Due to the thermal absorption properties of water, the water flow/mixing rates, evaporative cooling, heat energy transfer to the underlying soil, and cooler temperatures at night, natural bodies of water stay much cooler than the surrounding air. Short-term temperature fluctuations don’t impact the temperature of the water at depth, so the water can be used to cool a data center.
However, knowing that it’s possible to do this and knowing how to do this are different things. Few data center operators have the expertise and patented innovations needed to do the job.
Fortunately, there is a way to move forward. Nautilus has commercialized natural water heat sink technology for the data center. We’re able to take advantage of the fact that natural bodies of water stay cool during extreme temperature events.
We have had, since early 2021, in our floating data center moored at Stockton, California, a group of colocation customers running production workloads on data center hardware cooled using our technology.
Of course, the recent heat wave in California was an unprecedented stress test for our approach. Could our closed-loop heat-sinking technology work through a heat wave?
Yes, it could, and we have the data to prove it. During September 1-9, 2022:
- The average temperature of our water intake was 79.9F.
- The average air temperature high was 107.8F (42C), with a peak of 115F (46.1C) on September 6.
- Our ambient data center temperatures averaged 82.9F (28C), nearly 7 degrees under the 89.6F ASHRAE allowable standards.
- The temperature increase from water intake to water outflow was only 4F.
Did our water-cooling technology work?
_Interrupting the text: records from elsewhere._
-- ===== src/Vm/Stack/Growth.antt =====
-- What a page fault on the stack does.
use sysu_ysosv.Prelude.{
  ℕ, ◌-◌, ◌*◌, ◌^◌, ◌/◌, ◌⊎◌, ◌>>=◌, ◌<◌, ◌≡◌, refl, sym, ap, ◌∙◌, subst, Bool, true, false, arith,
  ltb, Bool-cases, inl, inr, Outcome, returns, panics,
}
use sysu_ysosv.Prelude.Result.{Result, ok, err}
use sysu_ysosv.Memory.X86.{X86, Laws, Mem, MapToError}
use sysu_ysosv.Memory.Mapping.{PageRange, data_flags, map_from, map_pages}
use sysu_ysosv.Memory.Mapping.Ranges.{Filled, Stops, MapsPages, map_from_lem, map_pages-map_from}
use sysu_ysosv.Vm.Stack.{Stack, is_on_stack, grow_stack, handle_stack_fault}

module _ (x : X86) (laws : Laws x) where
  -- How a fault below the stack ends. Either it is handled: the address lies in the slot of the stack, the stack
  -- reaches down to the faulting page, and the pages between were mapped. Or the stack is as before; then the
  -- address is not in the slot and memory is as before, or it is and a page between could not be mapped.
  abbrev pub Handles :
      ℕ → Bool → ℕ → Stack → Mem x.Table → Outcome (Bool × Stack × Mem x.Table) → Type 0
  Handles root user addr s m panics = ⊥
  Handles root user addr s m (returns (true, s', m')) =
      (is_on_stack x addr s ≡ true)
      × (s'.range ≡ record { start = addr / 4096; end = s.range.end })
      × (s'.usage ≡ s.range.end - addr / 4096)
      × Filled x laws root (data_flags user) (addr / 4096) (s.range.start - addr / 4096) m m'
  Handles root user addr s m (returns (false, s', m')) =
      (s' ≡ s)
      × ((is_on_stack x addr s ≡ false) × (m' ≡ m)
          ⊎ (is_on_stack x addr s ≡ true)
            × ((e : MapToError) × Stops x laws root (data_flags user) (addr / 4096)
                  (s.range.start - addr / 4096) m e m'))

  -- The outcome of grow_stack for the answer of map_pages.
  abbrev grown :
      ℕ
      → Stack
      → Result MapToError PageRange × Mem x.Table
      → Outcome (Result MapToError (Unit {0}) × Stack × Mem x.Table)
  grown page s (ok _, m') =
      returns
        (ok tt, record { range = record s.range { start = page }; usage = s.range.end - page }, m')
  grown page s (err e, m') = returns (err e, s, m')

  as_grown :
      (page : ℕ) (s : Stack) (r : Result MapToError PageRange × Mem x.Table)
      → elim r.0 [
        | err e ↦ returns (err e, s, r.1)
        | ok _ ↦ returns (
          ok tt,
          record { range = record s.range { start = page }; usage = s.range.end - page },
          r.1,
        )
      ]
        ≡ grown page s r
  as_grown page s (ok _, m') = refl
  as_grown page s (err e, m') = refl

  -- What map_pages answers for the pages from `page` up to the stack.
  abbrev mapped_from :
      ℕ → Bool → Stack → Mem x.Table → ℕ → Result MapToError PageRange × Mem x.Table
  mapped_from root user s m page = map_from x root page (s.range.start - page) user m

  grow_stack-eq :
      (root : ℕ) (user : Bool) (addr : ℕ) (s : Stack) (m : Mem x.Table)
      → ltb s.range.start (x.page_of addr) ≡ false
      → map_pages x root (x.page_of addr * 4096) (s.range.start - x.page_of addr) user m
        ≡ returns (mapped_from root user s m (x.page_of addr))
      → grow_stack x root user addr s m
        ≡ grown (x.page_of addr) s (mapped_from root user s m (x.page_of addr))
  unfolding grow_stack
  grow_stack-eq root user addr s m up done =
      rw (up, done, ◌>>=◌)
        (as_grown (x.page_of addr) s (mapped_from root user s m (x.page_of addr)))

  -- handle_page_fault after grow_stack
  abbrev answer :
      Outcome (Result MapToError (Unit {0}) × Stack × Mem x.Table)
      → Outcome (Bool × Stack × Mem x.Table)
  answer panics = panics
  answer (returns (r, s', m')) = returns (elim r [ ok _ ↦ true | err _ ↦ false ], s', m')

  after :
      (root : ℕ) (user : Bool) (addr : ℕ) (s : Stack) (m : Mem x.Table)
      (r : Result MapToError PageRange × Mem x.Table)
      → is_on_stack x addr s ≡ true
      → MapsPages x laws root (addr / 4096) (s.range.start - addr / 4096) user m r
      → Handles root user addr s m (answer (grown (addr / 4096) s r))
  after root user addr s m (ok range, m') on h = (on, refl, refl, h.1)
  after root user addr s m (err e, m') on h = (refl, inr (on, (e, h)))

  grow_stack-Handles :
      (root : ℕ) (user : Bool) (addr : ℕ) (s : Stack) (m : Mem x.Table)
      → addr / 4096 < s.range.start
      → s.range.start * 4096 < 2 ^ 47
      → is_on_stack x addr s ≡ true
      → Handles root user addr s m (answer (grow_stack x root user addr s m))
  grow_stack-Handles root user addr s m below small on =
      let page = x.page_of addr in
      let same : page ≡ addr / 4096 = laws.page_of_lem addr in
      let start : page * 4096 / 4096 ≡ page = omega arith in
      let done =
        map_pages-map_from x laws root (page * 4096) (s.range.start - page) user m
          (ground (arith, same)) (ground (arith, same))
        ∙ ap (λ p. returns (map_from x root p (s.range.start - page) user m)) start in
      rw (grow_stack-eq root user addr s m (ground (arith, same)) done) (
        subst (λ p. Handles root user addr s m (answer (grown p s (mapped_from root user s m p))))
          (sym same)
          (after root user addr s m (mapped_from root user s m (addr / 4096)) on (
            map_from_lem x laws root (addr / 4096) (s.range.start - addr / 4096) user m
              (omega arith))))

  as_answer :
      (o : Outcome (Result MapToError (Unit {0}) × Stack × Mem x.Table))
      → elim o [
        | panics ↦ panics
        | returns r ↦ returns (elim r.0 [ ok _ ↦ true | err _ ↦ false ], r.1, r.2)
      ]
        ≡ answer o
  as_answer panics = refl
  as_answer (returns r) = refl

  -- A fault at an address below a stack in user memory makes no panic. It is handled exactly if the address lies in the slot of the
  -- stack and all pages from its page up to the stack can be mapped; then the stack begins at its
  -- page, its end stays and its usage counts the pages. Otherwise the stack stays as it is: outside of the slot memory
  -- stays too, and within it some page is the first that cannot be mapped, and those before it are mapped.
  pub handle_stack_fault-Handles :
      (root : ℕ) (user : Bool) (addr : ℕ) (s : Stack) (m : Mem x.Table)
      → addr / 4096 < s.range.start
      → s.range.start * 4096 < 2 ^ 47
      → Handles root user addr s m (handle_stack_fault x root user addr s m)
  unfolding handle_stack_fault
  handle_stack_fault-Handles root user addr s m below small =
      elim (Bool-cases (is_on_stack x addr s)) [
        | inr off ↦ rw off (refl, inl (off, refl))
        | inl on ↦ rw on (
            subst (Handles root user addr s m) (sym (as_answer (grow_stack x root user addr s m)))
              (grow_stack-Handles root user addr s m below small on))
      ]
It’s clear that it did. We provided a fully resilient cooling solution for our colocation customers during the worst heatwave in California history. And we did it without consuming a drop of water or relying on refrigerants, a critical advantage in California, which is both environmentally sensitive, but is also suffering from a multi-year drought that has resulted in many state-mandated water supply restrictions.
We’re able to support the state, and the world, by leading the way toward a more sustainable future for data centers.